## The Definition, Formula, and Problem Example of the Slope-Intercept Form

**What Is The Equation Of The Line** – One of the many forms employed to illustrate a linear equation among the ones most commonly seen is the **slope intercept form**. You can use the formula of the slope-intercept to solve a line equation as long as that you have the straight line’s slope as well as the y-intercept.

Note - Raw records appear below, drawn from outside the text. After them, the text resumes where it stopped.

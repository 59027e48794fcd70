-- ===== src/Tutoring/Requests.antt =====
-- The compact request of src/tutoring.rs: a session as turns with attempts, without numbers. A JSON
-- value that no modelled code reads is kept as its text.
use aprendiendo.Base.{ℕ, String, Option, List}
use aprendiendo.Model.Formats.{DrillType, ExerciseTypeKey}
use aprendiendo.Model.Evidence.{
  AssessmentPhase, EvidenceSource, EvidenceStrength, FindingKind, FsrsRating, HintLevel,
  LearnerEffort, ObservationOutcome, ObservationRole, ObservationSeverity, RatingSource,
  RequestedPointStatus, ResponseMode, RetrievalMode, TimingSource,
}
use aprendiendo.Model.Requests.{NewWeaknessInput, TaskRequirementInput}
use aprendiendo.Model.Production.{
  AssessmentProvenance, AttemptKind, CommunicativeOutcome, Exposure, InterventionKind, PromptCueing,
  SessionOverride, TargetAccuracy, TargetRealization,
}

pub record TutoringAttemptReference : Type 0 where
  pub turn : ℕ
  pub attempt : ℕ

pub record TutoringObservationReference : Type 0 where
  pub turn : ℕ
  pub attempt : ℕ
  pub observation : ℕ

pub record TutoringAttemptEvidence : Type 0 where
  pub kind : AttemptKind
  pub original_attempt : Option TutoringAttemptReference
  pub cueing : PromptCueing
  pub exposure : Exposure
  pub exposure_source : Option String
  pub outcome : CommunicativeOutcome
  pub provenance : AssessmentProvenance
  pub scenario : String
  pub topic : String
  pub sentence_count : Option ℕ
  pub effort : Option LearnerEffort

pub record TutoringObservationAssessment : Type 0 where
  pub target_realization : TargetRealization
  pub target_accuracy : TargetAccuracy
  pub provenance : AssessmentProvenance

pub record TutoringObservationInput : Type 0 where
  pub weakness_key : String
  pub outcome : ObservationOutcome
  pub role : Option ObservationRole
  pub assessment_phase : Option AssessmentPhase
  pub hint_level : Option HintLevel
  pub learner_effort : Option LearnerEffort
  pub evidence_source : Option EvidenceSource
  pub evidence_strength : Option EvidenceStrength
  pub severity : Option ObservationSeverity
  pub produced : Option String
  pub correction : Option String
  pub error_span : Option String
  pub notes : Option String
  pub assessment : Option TutoringObservationAssessment

pub record TutoringFindingInput : Type 0 where
  pub assessment_kind : FindingKind
  pub original : String
  pub suggestion : Option String
  pub note : Option String

pub record TutoringInterventionInput : Type 0 where
  pub kind : InterventionKind
  pub text : String
  pub target_weakness_keys : List String

pub record TutoringAttemptInput : Type 0 where
  pub transcript : String
  pub response_mode : Option ResponseMode
  pub target_duration_seconds : Option ℕ
  pub actual_duration_milliseconds : Option ℕ
  pub response_latency_milliseconds : Option ℕ
  pub timing_source : Option TimingSource
  pub evidence : Option TutoringAttemptEvidence
  pub observations : List TutoringObservationInput
  pub findings : List TutoringFindingInput
  pub interventions_after : List TutoringInterventionInput

pub record TutoringTurnInput : Type 0 where
  pub drill_type : DrillType
  pub prompt : String
  pub target_weakness_keys : List String
  pub communicative_function : Option String
  pub attempts : List TutoringAttemptInput

pub record TutoringVariationInput : Type 0 where
  pub observation_refs : List TutoringObservationReference
  pub rationale : String

pub record TutoringReviewInput : Type 0 where
  pub target : String
  pub rating : FsrsRating
  pub retrieval_mode : RetrievalMode
  pub evidence_strength : EvidenceStrength
  pub observation_refs : List TutoringObservationReference
  pub rating_rationale : Option String
  pub rating_source : Option RatingSource
  pub evidence : String
  pub variation : Option TutoringVariationInput

pub record TutoringTaskAssessment : Type 0 where
  pub attempt : TutoringAttemptReference
  pub point_key : String
  pub status : RequestedPointStatus
  pub supporting_excerpt : Option String
  pub reason : Option String
  pub evaluator : String
  pub rubric_version : Option String

pub record RecordTutoringSessionRequest : Type 0 where
  pub task_requirements : List TaskRequirementInput
  pub task_assessments : List TutoringTaskAssessment
  pub idempotency_key : String
  pub exercise_type_key : ExerciseTypeKey
  pub session_date : Option String
  pub reviewed_at : Option String
  pub task_ref : Option String
  pub topic : Option String
  pub notes : Option String
  pub policy_version : Option ℕ
  pub session_overrides : Option SessionOverride
  pub new_weaknesses : List NewWeaknessInput
  pub turns : List TutoringTurnInput
  pub reviews : List TutoringReviewInput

This is the point’s y-coordinate where the y-axis intersects the line. Learn more about this specific linear equation form below.

## What Is The Slope Intercept Form?

There are three main forms of linear equations, namely the standard slope-intercept, the point-slope, and the standard. Though they provide the same results when utilized however, you can get the information line produced more efficiently with the slope-intercept form. It is a form that, as the name suggests, this form employs the sloped line and the “steepness” of the line reflects its value.

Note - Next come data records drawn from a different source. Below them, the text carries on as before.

-- ===== src/Tutoring/Checks.antt =====
-- The small functions of src/tutoring.rs: the tests of texts and of references, and the parts of a
-- canonical request. Each error message is a constructor.
use Prim.Native.String.{◌++◌ as string_append}
use aprendiendo.Base.{
  ℕ, ◌+◌, ◌-◌, String, ◌||◌, Option, none, some, List, [], ◌∷◌, Outcome, ok, ◌>>◌, bail_if,
  for_each, unwrap_or, flat_map, map, is_blank, len, length, ltb, ◌==◌,
}
use aprendiendo.Model.Evidence.{ObservationRole}
use aprendiendo.Model.Requests.{ObservationInput, FindingInput}
use aprendiendo.Tutoring.Requests.{
  TutoringObservationInput, TutoringFindingInput, TutoringInterventionInput, TutoringAttemptInput,
  TutoringTurnInput,
}

pub data TutoringError : Type 0 where
  blank too_long too_many out_of_range number_overflow timing_source_required : TutoringError
  policy_version_required assessment_required evidence_required missing_key : TutoringError
  initial_with_original self_correction_without_original original_not_earlier : TutoringError
  empty_variation : TutoringError

unfoldable pub text : String → ℕ → Outcome TutoringError (Unit {0})
text value max = do
  bail_if (is_blank value) TutoringError.blank
  bail_if (ltb max (len value)) TutoringError.too_long

unfoldable pub optional_text : Option String → ℕ → Outcome TutoringError (Unit {0})
unfolding text
optional_text none max = ok tt
optional_text (some value) max = text value max

unfoldable pub checked_index : ℕ → ℕ → Outcome TutoringError ℕ
checked_index value length = do
  bail_if (value == 0 || ltb length value) TutoringError.out_of_range
  ok (value - 1)

-- `u16::try_from(n)` and `n.checked_add(1)`
abbrev pub to_u16 : ℕ → Outcome TutoringError ℕ
to_u16 n = bail_if (ltb 65535 n) TutoringError.number_overflow >> ok n

-- `values.iter().enumerate()`, from an index on.
abbrev pub enumerate_from {ℓ} : {A : Type ℓ} → ℕ → List A → List (ℕ × A)
enumerate_from i [] = []
enumerate_from i (x ∷ xs) = (i, x) ∷ enumerate_from (i + 1) xs

unfoldable pub compact_observation : TutoringObservationInput → ℕ → ObservationInput
compact_observation value observation_no = record {
  observation_no = observation_no;
  weakness_key = value.weakness_key;
  outcome = value.outcome;
  role = unwrap_or value.role ObservationRole.incidental;
  assessment_phase = value.assessment_phase;
  hint_level = value.hint_level;
  learner_effort = value.learner_effort;
  evidence_source = value.evidence_source;
  evidence_strength = value.evidence_strength;
  severity = value.severity;
  produced = value.produced;
  correction = value.correction;
  error_span = value.error_span;
  notes = value.notes;
}

unfoldable pub finding : TutoringFindingInput → ℕ → ℕ → FindingInput
finding value item_no attempt_no = record {
  practice_item_no = some item_no;
  attempt_no = some attempt_no;
  assessment_kind = value.assessment_kind;
  original = value.original;
  suggestion = value.suggestion;
  note = value.note;
}

-- `parts.join("\n")`
abbrev pub join_lines : List String → String
join_lines [] = ""
join_lines (p ∷ []) = p
join_lines (p ∷ q ∷ ps) = string_append p (string_append "\n" (join_lines (q ∷ ps)))

-- The texts of the interventions of a turn.
abbrev pub intervention_texts : TutoringTurnInput → List String
intervention_texts turn =
    flat_map
      (λ (a : TutoringAttemptInput).
        map (λ (i : TutoringInterventionInput). i.text) a.interventions_after)
      turn.attempts

-- What follows the loops of `feedback_for_turn`.
feedback_of : List String → Outcome TutoringError (Option String)
unfolding text
feedback_of [] = ok none
feedback_of (p ∷ ps) = do text (join_lines (p ∷ ps)) 4000; ok (some (join_lines (p ∷ ps)))

unfoldable pub feedback_for_turn : TutoringTurnInput → Outcome TutoringError (Option String)
unfolding text feedback_of
feedback_for_turn turn = do
  for_each (λ t. text t 4000) (intervention_texts turn)
  feedback_of (intervention_texts turn)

The formula can be used to discover the slope of a straight line, the y-intercept, also known as x-intercept in which case you can use a variety of formulas that are available. The equation for a line using this formula is **y = mx + b**. The slope of the straight line is indicated in the form of “m”, while its y-intercept is signified through “b”. Each point of the straight line is represented with an (x, y). Note that in the y = mx + b equation formula the “x” and the “y” have to remain as variables.

## An Example of Applied Slope Intercept Form in Problems

When it comes to the actual world In the real world, the “slope intercept” form is used frequently to illustrate how an item or problem changes in an elapsed time. The value of the vertical axis represents how the equation tackles the intensity of changes over the value provided by the horizontal axis (typically times).

A simple example of the use of this formula is to discover how many people live in a particular area in the course of time. If the area’s population grows annually by a fixed amount, the point worth of horizontal scale increases by one point with each passing year and the value of the vertical axis will rise to represent the growing population by the set amount.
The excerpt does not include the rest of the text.